Kein Revolutionär, aber ein guter Komponist

Der junge Mann war intelligent, schnell, ernst. „Kein Revolutionär“, betont sein Freund Berislav Sipus, Komponist und Kultur-Vizeminister. „Seine Kompositionen schöpften zwar aus verschiedenen Welten, waren aber relativ klassisch. Aber immer gelungen und genau. Ich fragte mich vor allem, wie er das alles auf einmal machte.“

Im Laufe der 1980er Jahre schrieb er nicht nur rund 20 Werke, sondern promovierte in Jura, begann zu unterrichten und wurde Vorsitzender des Komponistenverbands. Ein wesentlicher Posten, als 1991 im ehemaligen Jugoslawien der Krieg ausbrach. In Zagreb wie in Belgrad begrüßte jeder seine Rolle als Vermittler. „Das Geld für die kroatischen Urheberrechte zurückzubekommen, das in Belgrad festsaß, und eine legale Lösung zu finden, mit der alle einverstanden waren, das war eine echte Leistung“, erzählt Berislav Sipus weiter.

Gleich anschließend setzte er sich in Den Haag als kroatischer Vertreter beim Internationalen Strafgerichtshof ein und verfolgte gleichzeitig seine doppelte Laufbahn an der Universität. In den 2000er Jahren übernahm er dazu noch die Leitung der renommierten Biennale für zeitgenössische Musik in Zagreb und fing bei der Sozialdemokratischen Parteioffiziellmit der Politik an.

2003 wurde er zum Abgeordneten gewählt und 2009 als Kandidat der Partei für die Präsidentschaftswahl aufgestellt. Sein Mangel an Ausstrahlung wurde bespöttelt. „Die Leute hatten die korrupten Schmierenkomödianten satt“, wettert Niksa Gligo, ein anderer Komponist und langjähriger Freund. „Er wirkte beruhigend.“ Unterstützt wurde er von der Zivilgesellschaft und von unzähligen Künstlern, und seine Kampagne gegen die Korruption und für die regionale Aussöhnung traf genau ins Schwarze. Im Januar 2010 wurde er mit 60 Prozent der Stimmen gewählt. Fast drei Jahre später ist er immer noch der beliebteste Politiker des Landes.
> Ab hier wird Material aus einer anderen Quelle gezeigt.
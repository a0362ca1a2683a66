-- ===== src/Verifier/Arguments.antt =====
-- services/web3id-verifier-ts/src/main.ts and `setupConcordiumClient` of src/server.ts. The runtime's
-- `new URL(s)` is the argument `parse`, `none` where it throws; so is `Number(s)`, `none` for NaN.
use concordium_web3id.Common.{
  ◌≡◌, String, Bool, true, false, not, Option, none, some, [], ◌∷◌, Result, ok, err, ◌>>=◌, ◌>>◌,
  throw_if, eq_iff, includes, arith, refl, contains, ◌⊎◌, inl, inr, >>=-eq-ok, Bool-cases, sym,
}

-- The fields of a `URL` that the service reads.
pub record Url : Type 0 where
  pub protocol : String
  pub hostname : String
  pub port : String

unfoldable pub parse_network : String → Result String String
parse_network value = do
  throw_if (not (includes ("Mainnet" ∷ "Testnet" ∷ []) value))
      "Invalid network value. Expected 'Mainnet' or 'Testnet'."
  ok value

abbrev pub or_message : {A : Type 0} → Option A → String → Result String A
or_message none m = err m
or_message (some a) m = ok a

unfoldable pub parse_url : (parse : String → Option Url) → String → Result String Url
parse_url parse url = do
  parsed ← or_message (parse url) "Invalid URL."
  throw_if (not (includes ("http:" ∷ "https:" ∷ []) parsed.protocol))
      "Invalid URL. Expected 'http' or 'https' protocol."
  ok parsed

unfoldable pub parse_number : {N : Type 0} → (number : String → Option N) → String → Result String N
parse_number number value = or_message (number value) "Invalid number value."

-- How the client of the node's gRPC interface is set up.
pub record GrpcClient (N : Type 0) : Type 0 where
  pub address : String
  pub port : Option N
  pub ssl : Bool
  pub timeout : N

unfoldable pub setup_concordium_client :
    {N : Type 0} → (number : String → Option N) → Url → N → GrpcClient N
setup_concordium_client number endpoint timeout = record {
  address = endpoint.hostname;
  port = number endpoint.port;
  ssl = contains "https" endpoint.protocol;
  timeout = timeout;
}

included :
    (p : String) → includes ("http:" ∷ "https:" ∷ []) p ≡ true → (p ≡ "http:") ⊎ (p ≡ "https:")
included p h = ground (arith, eq_iff "http:" p, eq_iff "https:" p)

protocol_checked :
    (u : Url) {endpoint : Url}
    → ◌>>◌ {E = String}
        (throw_if {E = String}
          (not (includes ("http:" ∷ "https:" ∷ []) u.protocol))
          "Invalid URL. Expected 'http' or 'https' protocol.")
        (ok u)
      ≡ ok endpoint
    → (u ≡ endpoint) × (includes ("http:" ∷ "https:" ∷ []) u.protocol ≡ true)
protocol_checked u e = elim (Bool-cases (includes ("http:" ∷ "https:" ∷ []) u.protocol)) [
  | inl yes_ ↦ (ground arith, yes_)
  | inr no_ ↦ ground arith
]

-- An endpoint that the command line accepts is one that the runtime parses; the client connects to
-- its host, and over TLS exactly when its protocol is `https:`, otherwise in plain text.
pub accepted_endpoint :
    {N : Type 0} (parse : String → Option Url) (number : String → Option N) (arg : String)
    (timeout : N) {endpoint : Url}
    → parse_url parse arg ≡ ok endpoint
    → let client = setup_concordium_client number endpoint timeout in
      (parse arg ≡ some endpoint)
      × (client.address ≡ endpoint.hostname)
      × (((endpoint.protocol ≡ "https:") × (client.ssl ≡ true))
          ⊎ ((endpoint.protocol ≡ "http:") × (client.ssl ≡ false)))
unfolding parse_url setup_concordium_client
accepted_endpoint parse number arg timeout {endpoint} e =
    let (u, parsed, e1) = >>=-eq-ok (or_message (parse arg) "Invalid URL.") _ e in
    let (kept, allowed) = protocol_checked u e1 in
    let found : parse arg ≡ some endpoint = ground arith in
    elim (included endpoint.protocol (rw (sym kept) allowed)) [
      | inl http_ ↦ (found, refl, inr (http_, rw http_ refl))
      | inr https_ ↦ (found, refl, inl (https_, rw https_ refl))
    ]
Der Mann für die Harmonie im Land

Was ist bei dem Mann, der da oben in seinem Präsidentenpalast sitzt, noch vom Komponisten übriggeblieben? Vielleicht die Überzeugung, „dass die Kultur uns bei der Bewältigung der Krise helfen kann“ und dass sie „im Kern des europäischen Projekts stehen muss“. Das Bemühen also, das Budget für die Künste auch in Zeiten der Rezessionso weit wie möglich zu erhalten. Und dieser unbeugsame Wille, die „Harmonie“ des Landes zu bewahren.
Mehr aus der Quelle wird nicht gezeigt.